My matt breaker is similar to your first link. They are great tools, nothing else seems to get through the matts.


----------



## Tressa (Aug 31, 2010)

Sezra said:


> I try and groom Daisy every night but sometimes fail, like tonight!  She has a long wavy coat, I have just measured it and in places it is nearly 6 inches long!
> 
> She gets some matts under her legs and behind the ears but I have a matt breaker in addition to the Les Pooches green brush and I wouldn't be without it! I have had to cut about 4 matts out, all the rest I have been able to bet rid of with the matt breaker, it is fab!
> 
> ...


Fully agree about the matt breaker. I got the [email protected] one with the sideways motion, but you really need to take care using it in case you get the skin instead. I did not have the confidence to use it until I had been to the grooming course where I was shown how to do it properly. It is great.


----------



## Laura(L)Izzie (Sep 9, 2011)

nicole29 said:


> She may have to have a bald bottom for a while but it soon grows back It will be more comfy for her when the knots are gone. you could try getting a matt zapper les pooches brush, theyre very good. Sometimes dogs make a fuss when theyre owners brush them because theyre owners stop as they think theyre hurting them but your probably not. Its a bit like a child acting up for their mum, they make a fuss about nothing.
> 
> Nicky


That's very true, she may have a balder bum but she will feel better & it will grow back, if I can't get through it this weekend I will mention the groomers. We do have the les pooches matt zapper & it's very good!
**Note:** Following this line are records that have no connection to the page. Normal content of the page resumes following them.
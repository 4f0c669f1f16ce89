-- ===== src/Core/Mod.antt =====
-- src/core/mod.c: the names of a module and the definition of rules. The hash function and the
-- equality of names are parameters; the node constructors are those of the program.
use inet_forth.Std.Hash.{Hash, hash_get}
use inet_forth.Net.{Value, node_ctor, Rule, NodeCtor}
use inet_forth.Core.{Program}
use inet_forth.Base.{
  Bool, Option, Result, [], assertion, err, if◌then◌else◌, ok, some, update, ℕ, ◌++◌, ◌==◌, ◌∷◌,
  ◌>>=◌, ◌>>◌,
}
pub mod Rules

pub record Mod {ℓ} (K : Type ℓ) : Type ℓ where
  pub value_hash : Hash K Value

-- `assert(is_node_ctor(value)); as_node_ctor(value)`: `NULL` is no object.
unfoldable pub as_node_ctor : Option Value → Result ℕ
as_node_ctor (some (node_ctor c)) = ok c
as_node_ctor _ = err assertion

-- `array_push(node_ctor->rule_array, rule)`
unfoldable pub push_rule : Program → ℕ → Rule → Program
push_rule p c rule =
    let ctor : NodeCtor = p.ctors c in
    record p {
      ctors = update p.ctors c (record ctor { rule_array = ctor.rule_array ++ rule ∷ [] });
    }

-- A rule for a constructor and itself is kept once.
unfoldable pub add_rule : Program → (left right : ℕ) → Rule → Program
unfolding push_rule
add_rule p left right rule =
    if left == right then push_rule p left rule else push_rule (push_rule p left rule) right rule

module _ {ℓ} {K : Type ℓ} (hash_fn : K → ℕ) (key_equal_fn : K → K → Bool) where
  unfoldable pub mod_find : Mod K → K → Option Value
  unfolding hash_get
  mod_find m name = hash_get hash_fn key_equal_fn m.value_hash name

  unfoldable pub mod_define_rule :
      Mod K → Program → (first_name second_name : K) → (f : ℕ) → Result Program
  unfolding mod_find as_node_ctor add_rule
  mod_define_rule m p first_name second_name f = do
    left ← as_node_ctor (mod_find m first_name)
    right ← as_node_ctor (mod_find m second_name)
    ok (
        add_rule p left right
          (record { left_node_ctor = left; right_node_ctor = right; function = f }))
We've managed to get through a lot of it, we're just not quite there yet, I may also look into getting the other 2 matts brushes mentioned  I think sometimes it is just acting up, bt sometimes it does hurt her as she has yelped a couple of times bless her  Thanks for all the advice Nicky


----------



## Sezra (May 20, 2011)

Tressa said:


> Fully agree about the matt breaker. I got the [email protected] one with the sideways motion, but you really need to take care using it in case you get the skin instead. I did not have the confidence to use it until I had been to the grooming course where I was shown how to do it properly. It is great.


Mine is the red and black PAH one. I agree, in some areas Daisy has looser skin and you have to be careful as the brush can be sharp.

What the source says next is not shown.